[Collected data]
####
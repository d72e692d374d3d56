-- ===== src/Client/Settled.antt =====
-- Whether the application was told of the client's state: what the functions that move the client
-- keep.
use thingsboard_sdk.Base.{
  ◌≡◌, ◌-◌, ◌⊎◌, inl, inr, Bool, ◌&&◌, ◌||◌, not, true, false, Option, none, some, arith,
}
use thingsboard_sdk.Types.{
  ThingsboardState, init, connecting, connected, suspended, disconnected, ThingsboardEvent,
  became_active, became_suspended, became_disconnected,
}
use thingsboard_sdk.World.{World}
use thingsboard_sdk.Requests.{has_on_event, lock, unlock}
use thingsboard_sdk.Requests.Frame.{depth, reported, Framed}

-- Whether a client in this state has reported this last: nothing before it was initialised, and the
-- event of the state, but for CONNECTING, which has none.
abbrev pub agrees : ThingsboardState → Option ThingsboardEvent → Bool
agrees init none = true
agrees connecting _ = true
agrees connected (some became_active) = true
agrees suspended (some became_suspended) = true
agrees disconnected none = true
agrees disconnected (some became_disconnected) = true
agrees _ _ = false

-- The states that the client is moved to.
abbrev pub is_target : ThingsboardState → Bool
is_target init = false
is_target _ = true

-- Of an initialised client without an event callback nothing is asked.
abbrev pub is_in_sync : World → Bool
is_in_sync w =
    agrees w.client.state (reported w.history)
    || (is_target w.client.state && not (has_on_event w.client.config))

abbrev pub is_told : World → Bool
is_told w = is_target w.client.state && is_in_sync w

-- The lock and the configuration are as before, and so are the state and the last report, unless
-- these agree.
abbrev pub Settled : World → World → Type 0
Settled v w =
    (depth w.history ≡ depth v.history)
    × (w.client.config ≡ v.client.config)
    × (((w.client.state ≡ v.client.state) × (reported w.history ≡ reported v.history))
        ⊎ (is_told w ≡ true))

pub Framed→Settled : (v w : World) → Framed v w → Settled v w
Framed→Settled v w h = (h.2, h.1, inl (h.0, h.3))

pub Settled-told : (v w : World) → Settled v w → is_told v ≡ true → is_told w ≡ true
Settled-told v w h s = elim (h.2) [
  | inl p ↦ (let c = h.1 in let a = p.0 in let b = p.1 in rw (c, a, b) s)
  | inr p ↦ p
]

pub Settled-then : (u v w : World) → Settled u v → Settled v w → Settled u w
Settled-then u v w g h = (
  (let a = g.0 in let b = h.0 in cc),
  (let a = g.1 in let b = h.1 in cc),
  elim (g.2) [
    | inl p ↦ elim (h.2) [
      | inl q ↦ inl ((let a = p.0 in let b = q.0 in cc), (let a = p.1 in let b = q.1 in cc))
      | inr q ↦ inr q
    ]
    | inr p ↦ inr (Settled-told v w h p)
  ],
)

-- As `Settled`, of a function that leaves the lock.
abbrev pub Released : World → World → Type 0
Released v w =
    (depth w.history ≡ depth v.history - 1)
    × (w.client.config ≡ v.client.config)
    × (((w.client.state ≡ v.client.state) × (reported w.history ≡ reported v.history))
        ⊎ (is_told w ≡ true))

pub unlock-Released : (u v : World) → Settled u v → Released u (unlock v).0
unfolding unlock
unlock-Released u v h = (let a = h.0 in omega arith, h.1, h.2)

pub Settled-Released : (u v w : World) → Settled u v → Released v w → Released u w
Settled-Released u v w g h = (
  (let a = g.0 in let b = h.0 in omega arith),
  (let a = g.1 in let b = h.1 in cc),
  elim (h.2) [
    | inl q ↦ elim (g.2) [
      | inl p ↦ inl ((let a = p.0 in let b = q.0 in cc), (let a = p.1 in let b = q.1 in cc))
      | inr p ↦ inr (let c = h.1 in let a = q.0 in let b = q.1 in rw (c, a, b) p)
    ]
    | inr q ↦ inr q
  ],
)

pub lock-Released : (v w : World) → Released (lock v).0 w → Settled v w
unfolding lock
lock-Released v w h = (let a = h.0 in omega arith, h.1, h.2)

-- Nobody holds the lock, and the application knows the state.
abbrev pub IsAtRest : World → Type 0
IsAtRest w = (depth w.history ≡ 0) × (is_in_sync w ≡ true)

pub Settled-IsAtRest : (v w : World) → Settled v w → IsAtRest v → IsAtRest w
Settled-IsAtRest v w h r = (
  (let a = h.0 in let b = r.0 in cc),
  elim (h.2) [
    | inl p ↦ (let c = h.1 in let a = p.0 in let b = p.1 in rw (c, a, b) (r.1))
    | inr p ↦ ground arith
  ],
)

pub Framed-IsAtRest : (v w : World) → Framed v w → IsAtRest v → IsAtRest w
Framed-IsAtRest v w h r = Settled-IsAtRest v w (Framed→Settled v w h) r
####
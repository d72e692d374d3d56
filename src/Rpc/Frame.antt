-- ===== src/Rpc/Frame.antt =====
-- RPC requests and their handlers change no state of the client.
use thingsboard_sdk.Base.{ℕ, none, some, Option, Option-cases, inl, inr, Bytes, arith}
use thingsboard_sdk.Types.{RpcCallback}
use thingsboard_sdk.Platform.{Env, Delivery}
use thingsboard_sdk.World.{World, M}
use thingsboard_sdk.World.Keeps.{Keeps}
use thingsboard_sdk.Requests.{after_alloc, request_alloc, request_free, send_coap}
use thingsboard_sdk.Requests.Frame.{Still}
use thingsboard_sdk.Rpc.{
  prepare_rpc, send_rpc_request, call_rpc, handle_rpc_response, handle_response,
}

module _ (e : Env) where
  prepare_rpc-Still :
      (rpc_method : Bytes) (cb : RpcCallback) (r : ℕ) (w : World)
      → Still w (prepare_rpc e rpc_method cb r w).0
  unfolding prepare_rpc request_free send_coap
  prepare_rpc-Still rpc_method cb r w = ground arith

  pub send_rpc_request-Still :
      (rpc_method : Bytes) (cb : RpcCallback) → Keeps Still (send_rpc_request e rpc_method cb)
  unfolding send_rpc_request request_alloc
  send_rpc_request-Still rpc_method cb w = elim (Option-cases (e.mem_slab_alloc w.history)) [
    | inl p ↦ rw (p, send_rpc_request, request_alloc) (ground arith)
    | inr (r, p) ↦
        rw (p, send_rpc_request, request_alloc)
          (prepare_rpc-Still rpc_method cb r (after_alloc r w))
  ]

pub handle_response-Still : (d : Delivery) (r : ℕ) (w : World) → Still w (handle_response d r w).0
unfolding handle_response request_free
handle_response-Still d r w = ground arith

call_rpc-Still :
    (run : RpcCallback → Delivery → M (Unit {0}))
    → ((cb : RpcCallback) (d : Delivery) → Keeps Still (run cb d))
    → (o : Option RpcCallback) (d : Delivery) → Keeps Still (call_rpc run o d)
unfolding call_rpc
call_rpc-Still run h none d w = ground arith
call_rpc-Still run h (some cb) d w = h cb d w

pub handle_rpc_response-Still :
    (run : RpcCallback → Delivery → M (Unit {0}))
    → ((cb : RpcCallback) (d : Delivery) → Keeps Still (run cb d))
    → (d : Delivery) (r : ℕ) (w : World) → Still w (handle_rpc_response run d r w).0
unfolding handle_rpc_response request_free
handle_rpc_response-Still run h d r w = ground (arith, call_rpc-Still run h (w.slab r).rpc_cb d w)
####
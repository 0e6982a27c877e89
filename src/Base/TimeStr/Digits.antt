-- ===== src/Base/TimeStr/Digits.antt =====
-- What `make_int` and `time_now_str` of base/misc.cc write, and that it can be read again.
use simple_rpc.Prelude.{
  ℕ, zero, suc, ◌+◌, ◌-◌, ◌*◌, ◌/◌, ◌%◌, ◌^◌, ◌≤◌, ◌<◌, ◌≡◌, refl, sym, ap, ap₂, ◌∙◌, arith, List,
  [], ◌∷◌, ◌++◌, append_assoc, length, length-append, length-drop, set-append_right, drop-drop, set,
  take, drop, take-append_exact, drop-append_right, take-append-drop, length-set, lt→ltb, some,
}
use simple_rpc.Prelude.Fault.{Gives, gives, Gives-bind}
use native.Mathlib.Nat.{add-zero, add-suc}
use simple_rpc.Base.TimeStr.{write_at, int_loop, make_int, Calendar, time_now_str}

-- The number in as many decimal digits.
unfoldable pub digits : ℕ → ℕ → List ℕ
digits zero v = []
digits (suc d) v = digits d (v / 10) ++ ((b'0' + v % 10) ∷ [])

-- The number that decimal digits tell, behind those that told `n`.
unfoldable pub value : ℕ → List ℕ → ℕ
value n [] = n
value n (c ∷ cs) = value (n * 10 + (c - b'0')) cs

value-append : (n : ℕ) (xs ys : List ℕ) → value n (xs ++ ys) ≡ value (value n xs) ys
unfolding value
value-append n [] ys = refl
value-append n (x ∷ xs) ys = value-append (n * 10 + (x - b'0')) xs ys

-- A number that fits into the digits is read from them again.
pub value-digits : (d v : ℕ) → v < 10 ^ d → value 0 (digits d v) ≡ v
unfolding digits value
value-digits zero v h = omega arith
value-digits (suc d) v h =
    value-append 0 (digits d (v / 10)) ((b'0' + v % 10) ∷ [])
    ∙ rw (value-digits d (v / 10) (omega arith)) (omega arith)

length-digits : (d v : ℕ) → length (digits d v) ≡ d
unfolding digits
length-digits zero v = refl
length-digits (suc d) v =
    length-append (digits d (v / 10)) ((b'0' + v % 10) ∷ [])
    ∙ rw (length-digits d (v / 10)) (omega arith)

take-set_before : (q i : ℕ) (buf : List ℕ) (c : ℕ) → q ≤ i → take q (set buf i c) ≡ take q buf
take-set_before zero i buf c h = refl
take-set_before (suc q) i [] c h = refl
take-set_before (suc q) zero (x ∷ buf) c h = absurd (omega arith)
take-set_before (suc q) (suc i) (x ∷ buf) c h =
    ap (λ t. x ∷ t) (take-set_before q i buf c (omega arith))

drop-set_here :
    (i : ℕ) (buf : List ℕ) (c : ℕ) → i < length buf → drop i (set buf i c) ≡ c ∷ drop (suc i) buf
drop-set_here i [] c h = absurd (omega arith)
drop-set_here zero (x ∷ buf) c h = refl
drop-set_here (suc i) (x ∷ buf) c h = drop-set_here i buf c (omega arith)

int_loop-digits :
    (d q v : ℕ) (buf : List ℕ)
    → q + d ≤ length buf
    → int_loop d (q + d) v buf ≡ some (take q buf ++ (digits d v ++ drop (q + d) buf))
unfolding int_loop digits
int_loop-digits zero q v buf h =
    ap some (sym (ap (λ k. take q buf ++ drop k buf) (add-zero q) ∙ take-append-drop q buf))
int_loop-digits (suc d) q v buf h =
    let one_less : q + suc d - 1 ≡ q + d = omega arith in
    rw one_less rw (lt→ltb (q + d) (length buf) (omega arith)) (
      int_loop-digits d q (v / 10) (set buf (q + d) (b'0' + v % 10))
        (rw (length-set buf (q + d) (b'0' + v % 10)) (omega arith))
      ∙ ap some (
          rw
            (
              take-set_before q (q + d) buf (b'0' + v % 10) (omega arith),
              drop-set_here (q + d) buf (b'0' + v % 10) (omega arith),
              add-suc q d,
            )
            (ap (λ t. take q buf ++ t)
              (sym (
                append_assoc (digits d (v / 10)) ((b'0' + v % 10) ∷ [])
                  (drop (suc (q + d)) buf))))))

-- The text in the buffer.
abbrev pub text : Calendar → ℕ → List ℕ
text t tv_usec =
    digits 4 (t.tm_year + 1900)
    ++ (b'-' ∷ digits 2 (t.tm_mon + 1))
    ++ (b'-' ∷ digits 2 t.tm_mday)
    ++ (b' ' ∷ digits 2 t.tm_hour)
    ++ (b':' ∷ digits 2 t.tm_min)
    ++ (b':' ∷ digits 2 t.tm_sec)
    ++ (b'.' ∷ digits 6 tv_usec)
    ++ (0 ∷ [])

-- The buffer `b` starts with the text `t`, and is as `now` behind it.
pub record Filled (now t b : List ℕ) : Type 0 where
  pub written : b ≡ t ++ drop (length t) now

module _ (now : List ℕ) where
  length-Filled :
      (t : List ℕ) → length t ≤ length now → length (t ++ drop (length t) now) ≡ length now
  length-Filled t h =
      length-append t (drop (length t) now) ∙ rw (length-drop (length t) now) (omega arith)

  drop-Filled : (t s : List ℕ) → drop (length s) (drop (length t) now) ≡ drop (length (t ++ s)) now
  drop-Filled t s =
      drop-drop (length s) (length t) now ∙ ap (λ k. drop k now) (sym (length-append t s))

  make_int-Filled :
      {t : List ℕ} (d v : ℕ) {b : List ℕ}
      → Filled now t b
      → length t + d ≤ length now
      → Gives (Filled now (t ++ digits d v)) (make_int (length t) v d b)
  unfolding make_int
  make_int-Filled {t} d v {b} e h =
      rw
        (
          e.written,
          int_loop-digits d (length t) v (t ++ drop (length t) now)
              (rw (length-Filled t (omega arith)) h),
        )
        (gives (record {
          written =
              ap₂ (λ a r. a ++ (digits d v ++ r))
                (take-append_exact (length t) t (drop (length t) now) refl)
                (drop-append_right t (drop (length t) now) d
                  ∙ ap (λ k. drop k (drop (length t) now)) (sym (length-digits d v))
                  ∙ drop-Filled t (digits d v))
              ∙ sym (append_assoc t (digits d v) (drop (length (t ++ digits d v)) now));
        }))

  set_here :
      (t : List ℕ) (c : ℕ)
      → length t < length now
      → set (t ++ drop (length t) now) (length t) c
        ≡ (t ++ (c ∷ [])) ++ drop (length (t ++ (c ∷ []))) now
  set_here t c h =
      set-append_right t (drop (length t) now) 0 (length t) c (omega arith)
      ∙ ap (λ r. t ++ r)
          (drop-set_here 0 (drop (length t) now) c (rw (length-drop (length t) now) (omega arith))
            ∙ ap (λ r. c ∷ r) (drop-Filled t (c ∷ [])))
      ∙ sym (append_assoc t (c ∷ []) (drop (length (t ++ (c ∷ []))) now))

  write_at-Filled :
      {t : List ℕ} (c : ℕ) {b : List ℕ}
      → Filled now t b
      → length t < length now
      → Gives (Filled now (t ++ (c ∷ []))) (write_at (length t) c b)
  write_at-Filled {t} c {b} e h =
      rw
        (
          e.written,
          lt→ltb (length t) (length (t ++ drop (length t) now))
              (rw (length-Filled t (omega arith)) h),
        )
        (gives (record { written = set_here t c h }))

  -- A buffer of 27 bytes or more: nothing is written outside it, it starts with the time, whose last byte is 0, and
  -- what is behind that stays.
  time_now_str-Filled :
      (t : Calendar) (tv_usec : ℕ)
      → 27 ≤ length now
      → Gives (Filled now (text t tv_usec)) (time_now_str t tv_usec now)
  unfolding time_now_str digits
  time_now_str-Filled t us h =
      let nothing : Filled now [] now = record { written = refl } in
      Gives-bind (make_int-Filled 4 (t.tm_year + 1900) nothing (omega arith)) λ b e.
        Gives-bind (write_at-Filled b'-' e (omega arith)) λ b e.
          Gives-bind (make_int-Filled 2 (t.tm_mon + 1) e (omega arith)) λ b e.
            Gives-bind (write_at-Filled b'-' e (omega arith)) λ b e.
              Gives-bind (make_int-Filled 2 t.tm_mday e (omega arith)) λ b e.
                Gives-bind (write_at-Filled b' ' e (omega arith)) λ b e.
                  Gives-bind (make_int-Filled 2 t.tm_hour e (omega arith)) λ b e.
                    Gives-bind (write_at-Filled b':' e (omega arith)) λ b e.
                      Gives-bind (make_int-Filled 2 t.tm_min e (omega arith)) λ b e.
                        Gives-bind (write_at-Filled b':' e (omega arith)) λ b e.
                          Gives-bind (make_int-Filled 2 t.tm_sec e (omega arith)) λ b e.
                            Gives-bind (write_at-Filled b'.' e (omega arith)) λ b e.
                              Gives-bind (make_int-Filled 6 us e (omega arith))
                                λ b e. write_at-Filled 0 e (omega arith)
####
Your objective: Search the records for the word "depth". Copy every line that has it.

Output of the task:
use thingsboard_sdk.Requests.Frame.{depth, reported, Framed}
    (depth w.history ≡ depth v.history)
    (depth w.history ≡ depth v.history - 1)
IsAtRest w = (depth w.history ≡ 0) × (is_in_sync w ≡ true)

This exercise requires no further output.